Au Sud du bassin atlasique s'étend la plate-forme saharienne qui
correspond à une mer épicontinentale de faible profondeur. Elle constitue un
domaine encore plus confiné que le bassin des Oulad Naïl où la sédimentation
évaporitique se développe au cours des phases de bas niveau et de haut niveau
marin (pro parte). La subsidence est variable selon les secteurs. Sur la bordure
sud-atlasique elle est en général plus faible que dans les bassins des Oulad Naïl
et des Aurès. Par contre elle dépasse celle de la plate-forme des Zibans.

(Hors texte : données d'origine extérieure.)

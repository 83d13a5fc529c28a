-- ===== src/Crypto.antt =====
-- internal/crypto/crypto.go: tokens are stored as the nonce followed by what AES-GCM seals with it.
-- AES-GCM itself and the random source belong to the environment.
pub mod RoundTrip
use jeffrey_s_agenda_tool.Prelude.{
  ℕ, Bool, true, false, not, Option, none, some, ◌++◌, length, take, drop, ltb, ◌==◌, if◌then◌else◌,
}
use jeffrey_s_agenda_tool.Domain.{Bytes}
use jeffrey_s_agenda_tool.Database.{
  Result, ok, err, bad_key, ciphertext_too_short, decryption_failed,
}
use jeffrey_s_agenda_tool.Action.{Env, Action, pure, fail, ask, ◌>>=◌}

-- gcm.NonceSize()
abbrev pub nonce_size : ℕ
nonce_size = 12

abbrev pub key_size : ℕ
key_size = 32

unfoldable pub encrypt : Env → Bytes → Action Bytes
encrypt env plaintext = if not (length env.encryption_key == key_size) then fail bad_key else do
  nonce ← ask env.nonce
  pure (nonce ++ env.cipher.seal env.encryption_key nonce plaintext)

-- gcm.Open on the two parts of the ciphertext.
abbrev pub opened : Option Bytes → Result Bytes
opened none = err decryption_failed
opened (some plaintext) = ok plaintext

unfoldable pub decrypt : Env → Bytes → Result Bytes
decrypt env ciphertext =
    if not (length env.encryption_key == key_size)
    then err bad_key
    else if ltb (length ciphertext) nonce_size
    then err ciphertext_too_short
    else opened (
        env.cipher.unseal env.encryption_key (take nonce_size ciphertext)
          (drop nonce_size ciphertext))
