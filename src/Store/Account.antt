-- ===== src/Store/Account.antt =====
-- internal/store/account/account.go
pub mod Rows
pub mod Ticks
pub mod Owners
pub mod Token
pub mod Connect
use jeffrey_s_agenda_tool.Prelude.{
  ℕ, Text, Bool, true, false, ◌&&◌, ◌==◌, ltb_ℤ, Option, none, some, List, [], ◌∷◌, ◌++◌, any, find,
  keep, length, map, update_where, is_empty, if◌then◌else◌,
}
use jeffrey_s_agenda_tool.Domain.{
  Uuid, Time, Bytes, ProviderType, AccountStatus, ConnectedAccount, is_active_status,
}
use jeffrey_s_agenda_tool.Database.{
  Err, Result, ok, err, unique_violation, foreign_key_violation, account_not_found, forbidden,
  nothing_updated, nothing_deleted, Db, Statement, user_has, account_has, same_identity,
  to_timestamptz,
}
use jeffrey_s_agenda_tool.Database.Cascade.{delete_accounts}
use jeffrey_s_agenda_tool.Database.Order.{order_by}
use jeffrey_s_agenda_tool.Action.{Env, Action, pure, attempt, query, ◌>>=◌, ◌>>◌}
use jeffrey_s_agenda_tool.Crypto.{encrypt}
use jeffrey_s_agenda_tool.Store.Sql.{select_row, select_rows, exec, or_missing, require_rows}

pub record UpsertConnectedAccountParams : Type 0 where
  pub user_id : Uuid
  pub provider : ProviderType
  pub email : Text
  pub provider_user_id : Text
  pub access_token : Text
  pub refresh_token : Text
  pub token_expiry : Time
  pub scopes : List Text

pub record UpdateAccountTokensParams : Type 0 where
  pub account_id : Uuid
  pub new_access_token : Text
  pub new_refresh_token : Text
  pub new_token_expiry : Time

-- Every SELECT and RETURNING of this file lists thirteen columns, and the three gmail_* columns are
-- not among them: in the struct that Scan fills they keep Go's zero values.
unfoldable pub scan_account : ConnectedAccount → ConnectedAccount
scan_account row = record row {
  gmail_history_id = none;
  gmail_last_sync = none;
  gmail_sync_enabled = false;
}

-- The row of an INSERT, with the defaults of the columns that it leaves out.
abbrev pub new_account :
    Time → Uuid → UpsertConnectedAccountParams → Bytes → Bytes → ConnectedAccount
new_account now id arg access refresh = record {
  id = id;
  user_id = arg.user_id;
  provider = arg.provider;
  email = arg.email;
  provider_user_id = arg.provider_user_id;
  access_token = access;
  refresh_token = refresh;
  token_expiry = to_timestamptz arg.token_expiry;
  scopes = arg.scopes;
  status = AccountStatus.active;
  created_at = now;
  updated_at = now;
  last_checked = none;
  gmail_history_id = none;
  gmail_last_sync = none;
  gmail_sync_enabled = true;
}

-- DO UPDATE SET: the e-mail address is not among the columns.
abbrev pub reconnect :
    Time → UpsertConnectedAccountParams → Bytes → Bytes → ConnectedAccount → ConnectedAccount
reconnect now arg access refresh a = record a {
  access_token = access;
  refresh_token = refresh;
  token_expiry = to_timestamptz arg.token_expiry;
  scopes = arg.scopes;
  status = AccountStatus.active;
  updated_at = now;
}

unfoldable pub upsert_at :
    Option ConnectedAccount
    → UpsertConnectedAccountParams
    → Bytes
    → Bytes
    → Statement ConnectedAccount
upsert_at (some a) arg access refresh now id db = ok (
  scan_account (reconnect now arg access refresh a),
  record db {
    connected_accounts =
        update_where (λ b. same_identity b (new_account now id arg access refresh))
          (reconnect now arg access refresh) db.connected_accounts;
  },
)
upsert_at none arg access refresh now id db =
    if any (account_has id) db.connected_accounts
    then err unique_violation
    else if any (user_has arg.user_id) db.users
    then ok (
      scan_account (new_account now id arg access refresh),
      record db {
        connected_accounts = db.connected_accounts ++ new_account now id arg access refresh ∷ [];
      },
    )
    else err foreign_key_violation

unfoldable pub upsert_account :
    UpsertConnectedAccountParams → Bytes → Bytes → Statement ConnectedAccount
unfolding upsert_at scan_account
upsert_account arg access refresh now id db =
    upsert_at
      (find (λ b. same_identity b (new_account now id arg access refresh)) db.connected_accounts)
      arg access refresh now id db

-- UPDATE connected_accounts SET ... WHERE id = k
unfoldable pub update_account : Uuid → (Time → ConnectedAccount → ConnectedAccount) → Statement ℕ
unfolding exec
update_account k change =
    exec (λ db. length (keep (account_has k) db.connected_accounts))
      λ now db. record db {
        connected_accounts = update_where (account_has k) (change now) db.connected_accounts;
      }

abbrev pub later_account : ConnectedAccount → ConnectedAccount → Bool
later_account a b = ltb_ℤ b.created_at a.created_at

abbrev pub set_tokens :
    UpdateAccountTokensParams → Bytes → Bytes → Time → ConnectedAccount → ConnectedAccount
set_tokens arg access refresh now a = record a {
  access_token = access;
  refresh_token = refresh;
  token_expiry = to_timestamptz arg.new_token_expiry;
  updated_at = now;
}

abbrev pub set_access_token :
    UpdateAccountTokensParams → Bytes → Time → ConnectedAccount → ConnectedAccount
set_access_token arg access now a = record a {
  access_token = access;
  token_expiry = to_timestamptz arg.new_token_expiry;
  updated_at = now;
}

abbrev pub set_last_checked : Time → ConnectedAccount → ConnectedAccount
set_last_checked now a = record a { updated_at = now; last_checked = some now }

abbrev pub set_status : AccountStatus → Time → ConnectedAccount → ConnectedAccount
set_status status now a = record a { status = status; updated_at = now }

abbrev pub set_stored_tokens : Bytes → Bytes → Time → Time → ConnectedAccount → ConnectedAccount
set_stored_tokens access refresh expiry now a = record a {
  access_token = access;
  refresh_token = refresh;
  token_expiry = to_timestamptz expiry;
  updated_at = now;
}

module _ (env : Env) where
  -- An absent refresh token is stored as NULL, and not encrypted.
  unfoldable pub encrypt_refresh_token : Text → Action Bytes
  encrypt_refresh_token t = if is_empty t then pure [] else encrypt env t

  unfoldable pub upsert_connected_account : UpsertConnectedAccountParams → Action ConnectedAccount
  unfolding encrypt_refresh_token
  upsert_connected_account arg = do
    access ← encrypt env arg.access_token
    refresh ← encrypt_refresh_token arg.refresh_token
    query env (upsert_account arg access refresh)

  unfoldable pub get_connected_account_by_id : Uuid → Action ConnectedAccount
  get_connected_account_by_id k = do
    row ←
        attempt (query env (select_row (λ db. find (account_has k) db.connected_accounts)))
          (or_missing account_not_found) pure
    pure (scan_account row)

  unfoldable pub update_account_tokens : UpdateAccountTokensParams → Action (Unit {0})
  update_account_tokens arg = do
    access ← encrypt env arg.new_access_token
    n ←
        if is_empty arg.new_refresh_token
        then query env (update_account arg.account_id (set_access_token arg access))
        else do
          refresh ← encrypt env arg.new_refresh_token
          query env (update_account arg.account_id (set_tokens arg access refresh))
    require_rows nothing_updated n

  unfoldable pub update_account_last_checked : Uuid → Action (Unit {0})
  update_account_last_checked k = do query env (update_account k set_last_checked); pure tt

  unfoldable pub get_active_accounts : Action (List ConnectedAccount)
  get_active_accounts = query env (
      select_rows
        λ db. map scan_account (keep (λ a. is_active_status a.status) db.connected_accounts))

  unfoldable pub get_accounts_for_user : Uuid → Action (List ConnectedAccount)
  get_accounts_for_user user = query env (
      select_rows λ db.
        map scan_account
          (order_by later_account (keep (λ a. a.user_id == user) db.connected_accounts)))

  unfoldable pub verify_account_ownership : Uuid → Uuid → Action (Unit {0})
  verify_account_ownership k user = do
    attempt
        (query env
          (select_row (λ db. find (λ a. a.id == k && a.user_id == user) db.connected_accounts)))
        (or_missing forbidden) pure
    pure tt

  unfoldable pub delete_connected_account : Uuid → Action (Unit {0})
  delete_connected_account k = do
    n ← query env (
        exec (λ db. length (keep (account_has k) db.connected_accounts))
          (λ now. delete_accounts (account_has k)))
    require_rows nothing_deleted n

  unfoldable pub update_account_status : Uuid → AccountStatus → Action (Unit {0})
  update_account_status k status = do query env (update_account k (set_status status)); pure tt

  -- The tokens are given as they are stored; no row is required.
  unfoldable pub update_connected_account_token : Uuid → Bytes → Bytes → Time → Action (Unit {0})
  update_connected_account_token k access refresh expiry = do
    query env (update_account k (set_stored_tokens access refresh expiry))
    pure tt
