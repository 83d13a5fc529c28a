-- ===== src/Api/Rule.antt =====
-- internal/api/rule/rule.go
pub mod Created
use jeffrey_s_agenda_tool.Prelude.{Text, text, not, ◌==◌, Option, if◌then◌else◌}
use jeffrey_s_agenda_tool.Domain.{Uuid}
use jeffrey_s_agenda_tool.Action.{Env, Action, attempt}
use jeffrey_s_agenda_tool.Store.Account.{get_connected_account_by_id}
use jeffrey_s_agenda_tool.Store.Rule.{
  CreateAutomationRuleParams, UpdateRuleParams, create_automation_rule, get_rule_by_id,
  get_rules_for_account, update_rule, toggle_rule_status, delete_rule,
}
use jeffrey_s_agenda_tool.Api.{
  RuleBody, HttpRequest, Payload, Response, write_json, write_json_error, require, with_user,
}

unfoldable pub create_params : Uuid → RuleBody → CreateAutomationRuleParams
create_params account body = record {
  connected_account_id = account;
  name = body.name;
  trigger_conditions = body.trigger_conditions;
  action_params = body.action_params;
}

unfoldable pub update_params : Uuid → RuleBody → UpdateRuleParams
update_params rule body = record {
  rule_id = rule;
  name = body.name;
  trigger_conditions = body.trigger_conditions;
  action_params = body.action_params;
}

module _ (env : Env) (parse_uuid : Text → Option Uuid) (user : Option Uuid)
    (req : HttpRequest) where
  -- The start of a handler on an account: it exists, and it is the user's.
  unfoldable pub with_account : (Uuid → Action Response) → Action Response
  unfolding require with_user write_json_error
  with_account k =
      require (parse_uuid req.account_id) (write_json_error 400 (text "Ongeldig account ID"))
        λ account_id. with_user user λ user_id.
          attempt (get_connected_account_by_id env account_id)
            (λ _. write_json_error 404 (text "Account niet gevonden"))
            λ account.
              if not (account.user_id == user_id)
              then write_json_error 404 (text "Account niet gevonden")
              else k account_id

  -- The start of a handler on a rule: it exists, and it is of an account of the user.
  unfoldable pub with_rule : (Uuid → Action Response) → Action Response
  unfolding require with_user write_json_error
  with_rule k =
      require (parse_uuid req.rule_id) (write_json_error 400 (text "Ongeldig rule ID")) λ rule_id.
        with_user user λ user_id.
          attempt (get_rule_by_id env rule_id)
            (λ _. write_json_error 404 (text "Rule niet gevonden"))
            λ rule.
              attempt (get_connected_account_by_id env rule.connected_account_id)
                (λ _. write_json_error 403 (text "Geen toegang tot deze rule"))
                λ account.
                  if not (account.user_id == user_id)
                  then write_json_error 403 (text "Geen toegang tot deze rule")
                  else k rule_id

  unfoldable pub handle_create_rule : Action Response
  unfolding require write_json write_json_error create_params
  handle_create_rule = with_account λ account_id.
      require req.body (write_json_error 400 (text "Ongeldige request body")) λ body.
        attempt (create_automation_rule env (create_params account_id body))
          (λ _. write_json_error 500 (text "Kon rule niet creren"))
          (λ rule. write_json 201 (Payload.rule rule))

  unfoldable pub handle_get_rules : Action Response
  unfolding write_json write_json_error
  handle_get_rules = with_account λ account_id.
      attempt (get_rules_for_account env account_id)
        (λ _. write_json_error 500 (text "Kon rules niet ophalen"))
        (λ rules. write_json 200 (Payload.rules rules))

  unfoldable pub handle_update_rule : Action Response
  unfolding require write_json write_json_error update_params
  handle_update_rule = with_rule λ rule_id.
      require req.body (write_json_error 400 (text "Ongeldige request body")) λ body.
        attempt (update_rule env (update_params rule_id body))
          (λ _. write_json_error 500 (text "Kon rule niet updaten"))
          (λ rule. write_json 200 (Payload.rule rule))

  unfoldable pub handle_delete_rule : Action Response
  unfolding write_json write_json_error
  handle_delete_rule = with_rule λ rule_id.
      attempt (delete_rule env rule_id)
        (λ _. write_json_error 500 (text "Kon rule niet verwijderen"))
        (λ _. write_json 204 Payload.nothing)

  unfoldable pub handle_toggle_rule : Action Response
  unfolding write_json write_json_error
  handle_toggle_rule = with_rule λ rule_id.
      attempt (toggle_rule_status env rule_id)
        (λ _. write_json_error 500 (text "Kon rule status niet togglen"))
        (λ rule. write_json 200 (Payload.rule rule))
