-- ===== src/Api/Account.antt =====
-- internal/api/account/account.go, log/log.go and user/user.go
use jeffrey_s_agenda_tool.Prelude.{Text, text, Option}
use jeffrey_s_agenda_tool.Domain.{Uuid}
use jeffrey_s_agenda_tool.Action.{Env, Action, attempt}
use jeffrey_s_agenda_tool.Store.User.{get_user_by_id}
use jeffrey_s_agenda_tool.Store.Account.{get_accounts_for_user, delete_connected_account}
use jeffrey_s_agenda_tool.Store.Log.{get_logs_for_account}
use jeffrey_s_agenda_tool.Api.{
  HttpRequest, Payload, Response, write_json, write_json_error, with_user,
}
use jeffrey_s_agenda_tool.Api.Rule.{with_account}

module _ (env : Env) (parse_uuid : Text → Option Uuid) (user : Option Uuid)
    (req : HttpRequest) where
  unfoldable pub handle_get_connected_accounts : Action Response
  unfolding with_user write_json write_json_error
  handle_get_connected_accounts = with_user user λ user_id.
      attempt (get_accounts_for_user env user_id)
        (λ _. write_json_error 500 (text "Kon accounts niet ophalen"))
        (λ accounts. write_json 200 (Payload.accounts accounts))

  unfoldable pub handle_delete_connected_account : Action Response
  unfolding with_account write_json write_json_error
  handle_delete_connected_account = with_account env parse_uuid user req λ account_id.
      attempt (delete_connected_account env account_id)
        (λ _. write_json_error 500 (text "Kon account niet verwijderen"))
        (λ _. write_json 204 Payload.nothing)

  -- The default limit is 50.
  unfoldable pub handle_get_automation_logs : Action Response
  unfolding with_account write_json write_json_error
  handle_get_automation_logs = with_account env parse_uuid user req λ account_id.
      attempt (get_logs_for_account env account_id 50)
        (λ _. write_json_error 500 (text "Kon logs niet ophalen"))
        (λ logs. write_json 200 (Payload.logs logs))

  unfoldable pub handle_get_me : Action Response
  unfolding with_user write_json write_json_error
  handle_get_me = with_user user λ user_id.
      attempt (get_user_by_id env user_id)
        (λ _. write_json_error 500 (text "Kon gebruiker niet ophalen"))
        (λ user. write_json 200 (Payload.user user))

a) La plate-forme proximale
On décrira successivement les principaux faciès de la zone médiolittorale,
puis ceux de la zone infralittorale.

* La zone méridionale
* F1 : Dans le Cénomanien de la partie sud du Dj. Bou Rhezal
(Coudiat el leham) apparaissent des dépôts évaporitiques. Ce sont des marnes à
gypse admettant quelques bancs de gypse d'épaisseur inférieure à un mètre,
ainsi que des cargneules et des brèches de dissolution. Ce cortège de faciès
évoque des lagunes ou des étangs parsemant un vaste tidal flat, dans lesquels
s'effectuait une sédimentation évaporitique à caractère discontinu latéralement.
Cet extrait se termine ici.